══ Records supplied

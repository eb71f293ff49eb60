-- ===== src/DataLoader/Atomic.antt =====
-- `applyChanges` of dataLoader.ts as one transaction. What the database's library promises of
-- `runInTransaction` is a record of laws.
use grants_stack_indexer_v.Prelude.{◌≡◌, refl, sym, ◌∙◌, ap, String, List, [], ◌∷◌}
use grants_stack_indexer_v.Effects.{Error, Outcome, ok, err, Action, continue_with, ◌>>=◌}
use grants_stack_indexer_v.Changesets.{Entities, Changeset}
use grants_stack_indexer_v.Repositories.{Repositories, TransactionManager}
use grants_stack_indexer_v.DataLoader.{
  invalid_types, apply, apply_in_order, run_or_refuse, apply_changes,
}

module _ {ℓ} {S Tx : Type ℓ} where
  -- commit after a return, roll back after a throw
  abbrev pub finish :
      (Tx → Action S (Unit {0}))
      → (Tx → S → S)
      → Tx
      → Outcome (Unit {0}) × S
      → Outcome (Unit {0}) × S
  finish commit rollback tx (ok _, s) = commit tx s
  finish commit rollback tx (err e, s) = (err e, rollback tx s)

  -- What is documented of transactions, where `stored` is what others see of the database.
  pub record IsTransactional {D : Type ℓ} (stored : S → D) (manager : TransactionManager S Tx)
      : Type ℓ where
    pub begin : Action S Tx
    pub commit : Tx → Action S (Unit {0})
    pub rollback : Tx → S → S
    pub runs :
        (f : Tx → Action S (Unit {0})) (s : S)
        → manager.run_in_transaction f s ≡ (begin >>= λ tx t. finish commit rollback tx (f tx t)) s
    pub begin_keeps : (s : S) → stored (begin s).1 ≡ stored s
    pub rollback_keeps : (tx : Tx) (s : S) → stored (rollback tx s) ≡ stored s
    pub commit_keeps :
        (tx : Tx) (s : S) (e : Error) → (commit tx s).0 ≡ err e → stored (commit tx s).1 ≡ stored s

module _ {ℓ} {E : Entities} {S Tx : Type ℓ} (r : Repositories E S Tx) where
  -- Until the transaction is committed, what others see does not change by these changesets.
  pub data Invisible {D : Type ℓ} (stored : S → D) : List (Changeset E) → Type ℓ where
    no_change : Invisible stored []
    also :
        {c : Changeset E} {cs : List (Changeset E)}
        → ((tx : Tx) (s : S) → stored (apply r tx c s).1 ≡ stored s)
        → Invisible stored cs
        → Invisible stored (c ∷ cs)

  module _ {D : Type ℓ} (stored : S → D) where
    in_order_keeps :
        (tx : Tx) (cs : List (Changeset E)) (s : S)
        → Invisible stored cs
        → stored (apply_in_order r cs tx s).1 ≡ stored s
    unfolding apply_in_order
    in_order_keeps tx [] s h = refl
    in_order_keeps tx (c ∷ cs) s (also keeps h) =
        by_outcome (apply r tx c s) (keeps tx s) (λ t. in_order_keeps tx cs t h)
      where
        by_outcome :
            (o : Outcome (Unit {0}) × S)
            → stored o.1 ≡ stored s
            → ((t : S) → stored (apply_in_order r cs tx t).1 ≡ stored t)
            → stored (continue_with (λ _ t. apply_in_order r cs tx t) o).1 ≡ stored s
        by_outcome (ok _, t) kept others = others t ∙ kept
        by_outcome (err e, t) kept others = kept

    module _ (manager : TransactionManager S Tx) (laws : IsTransactional stored manager) where
      finish_keeps :
          (tx : Tx) (o : Outcome (Unit {0}) × S) (e : Error)
          → (finish laws.commit laws.rollback tx o).0 ≡ err e
          → stored (finish laws.commit laws.rollback tx o).1 ≡ stored o.1
      finish_keeps tx (ok _, t) e h = laws.commit_keeps tx t e h
      finish_keeps tx (err e', t) e h = laws.rollback_keeps tx t

      begun_keeps :
          (cs : List (Changeset E)) (o : Outcome Tx × S) (e : Error)
          → Invisible stored cs
          → let after =
              continue_with
                (λ tx t. finish laws.commit laws.rollback tx (apply_in_order r cs tx t))
                o in
            after.0 ≡ err e → stored after.1 ≡ stored o.1
      begun_keeps cs (err e', t) e h failed = refl
      begun_keeps cs (ok tx, t) e h failed =
          finish_keeps tx (apply_in_order r cs tx t) e failed ∙ in_order_keeps tx cs t h

      refused_keeps :
          (cs : List (Changeset E)) (types : List String) (s : S) (e : Error)
          → Invisible stored cs
          → (run_or_refuse r manager cs types s).0 ≡ err e
          → stored (run_or_refuse r manager cs types s).1 ≡ stored s
      unfolding run_or_refuse
      refused_keeps cs (type ∷ types) s e h failed = refl
      refused_keeps cs [] s e h failed = rw (laws.runs (apply_in_order r cs) s) (
          begun_keeps cs (laws.begin s) e h (sym (ap (λ o. o.0) (laws.runs _ s)) ∙ failed)
          ∙ laws.begin_keeps s)

      -- If `applyChanges` throws, for a changeset without a handler, at a changeset, at the start or at
      -- the commit of the transaction, then what others see of the database is as before, given that
      -- transactions do what is documented and that the handlers of the changesets write within it.
      pub apply_changes-atomic :
          (cs : List (Changeset E)) (s : S) (e : Error)
          → Invisible stored cs
          → (apply_changes r manager cs s).0 ≡ err e
          → stored (apply_changes r manager cs s).1 ≡ stored s
      unfolding apply_changes
      apply_changes-atomic cs s e h failed = refused_keeps cs (invalid_types r cs) s e h failed
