-- ===== src/DataLoader/Order.antt =====
-- How far `applyChanges` of dataLoader.ts gets: nothing, a part, or all of the changesets in order.
use grants_stack_indexer_v.Prelude.{
  ◌≡◌, refl, ◌∙◌, ap, String, Option, none, some, List, [], ◌∷◌, ◌++◌,
}
use grants_stack_indexer_v.Effects.{Error, Outcome, ok, err}
use grants_stack_indexer_v.Changesets.{Entities, Changeset, changeset_type}
use grants_stack_indexer_v.Repositories.{Write, Repositories}
use grants_stack_indexer_v.DataLoader.{handler, invalid_types, apply, apply_in_order}

module _ {ℓ} {E : Entities} {S Tx : Type ℓ} (r : Repositories E S Tx) where
  -- The changesets succeeded one after the other, from one world to another.
  pub data Applied (tx : Tx) : List (Changeset E) → S → S → Type ℓ where
    none_left : {s : S} → Applied tx [] s s
    then_next :
        {c : Changeset E} {cs : List (Changeset E)} {s t u : S}
        → apply r tx c s ≡ (ok tt, t)
        → Applied tx cs t u
        → Applied tx (c ∷ cs) s u

  -- A prefix succeeded, the next changeset threw, and the later ones were not tried.
  pub record StoppedAt (tx : Tx) (cs : List (Changeset E)) (s : S) (e : Error) (u : S)
      : Type ℓ where
    pub done : List (Changeset E)
    pub failing : Changeset E
    pub later : List (Changeset E)
    pub parts : cs ≡ done ++ (failing ∷ later)
    pub reached : S
    pub applied : Applied tx done s reached
    pub threw : apply r tx failing reached ≡ (err e, u)

  -- what the loop did, by its outcome
  unfoldable pub Progress : Tx → List (Changeset E) → S → Outcome (Unit {0}) × S → Type ℓ
  Progress tx cs s (ok _, t) = Applied tx cs s t
  Progress tx cs s (err e, t) = StoppedAt tx cs s e t

  Progress-after :
      (tx : Tx) (c : Changeset E) (cs : List (Changeset E)) (s t : S) (o : Outcome (Unit {0}) × S)
      → apply r tx c s ≡ (ok tt, t)
      → Progress tx cs t o
      → Progress tx (c ∷ cs) s o
  unfolding Progress
  Progress-after tx c cs s t (ok _, u) step applied = then_next step applied
  Progress-after tx c cs s t (err e, u) step stopped = record {
    done = c ∷ stopped.done;
    failing = stopped.failing;
    later = stopped.later;
    parts = ap (λ l. c ∷ l) stopped.parts;
    reached = stopped.reached;
    applied = then_next step stopped.applied;
    threw = stopped.threw;
  }

  -- The loop applies the changesets in order and stops at the first one that throws, whose error it
  -- throws.
  pub apply_in_order-Progress :
      (tx : Tx) (cs : List (Changeset E)) (s : S) → Progress tx cs s (apply_in_order r cs tx s)
  unfolding apply_in_order Progress
  apply_in_order-Progress tx [] s = none_left
  apply_in_order-Progress tx (c ∷ cs) s =
      by_outcome (apply r tx c s) refl (λ t. apply_in_order-Progress tx cs t)
    where
      by_outcome :
          (o : Outcome (Unit {0}) × S)
          → apply r tx c s ≡ o
          → ((t : S) → Progress tx cs t (apply_in_order r cs tx t))
          → Progress tx (c ∷ cs) s (apply_in_order r (c ∷ cs) tx s)
      by_outcome (ok _, t) step others = rw (step) (Progress-after tx c cs s t _ step (others t))
      by_outcome (err e, t) step others = rw (step) (record {
        done = [];
        failing = c;
        later = cs;
        parts = refl;
        reached = s;
        applied = none_left;
        threw = step;
      })

  -- After a prefix that succeeds, the loop is at the next changeset.
  pub apply_in_order-Applied :
      {tx : Tx} {done : List (Changeset E)} {s t : S} (later : List (Changeset E))
      → Applied tx done s t
      → apply_in_order r (done ++ later) tx s ≡ apply_in_order r later tx t
  unfolding apply_in_order
  apply_in_order-Applied later none_left = refl
  apply_in_order-Applied later (then_next step applied) =
      rw (step) (apply_in_order-Applied later applied)

  has_handler :
      (tx : Tx) (c : Changeset E) (types : List String) (s t : S) (o : Option (Write S Tx))
      → handler r c ≡ o
      → apply r tx c s ≡ (ok tt, t)
      → (elim o [ none ↦ changeset_type c ∷ types | some write ↦ types ]) ≡ types
  unfolding apply
  has_handler tx c types s t none h step = cc (rw (h, apply) at step)
  has_handler tx c types s t (some w) h step = refl

  -- A changeset that succeeded has a handler.
  pub invalid_types-Applied :
      {tx : Tx} {done : List (Changeset E)} {s t : S} (later : List (Changeset E))
      → Applied tx done s t
      → invalid_types r (done ++ later) ≡ invalid_types r later
  unfolding invalid_types
  invalid_types-Applied later none_left = refl
  invalid_types-Applied later (then_next {c} {cs} {s} {t} step applied) =
      has_handler _ c _ s t (handler r c) refl step ∙ invalid_types-Applied later applied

════

▶ _Directions for this task_
Print again the lines of the entries above that fall between the line holding "r tx c s ≡ o" and the line holding "failing = c;", inclusive, exactly as they stand.

▶ _Exercise output_
          → apply r tx c s ≡ o
          → ((t : S) → Progress tx cs t (apply_in_order r cs tx t))
          → Progress tx (c ∷ cs) s (apply_in_order r (c ∷ cs) tx s)
      by_outcome (ok _, t) step others = rw (step) (Progress-after tx c cs s t _ step (others t))
      by_outcome (err e, t) step others = rw (step) (record {
        done = [];
        failing = c;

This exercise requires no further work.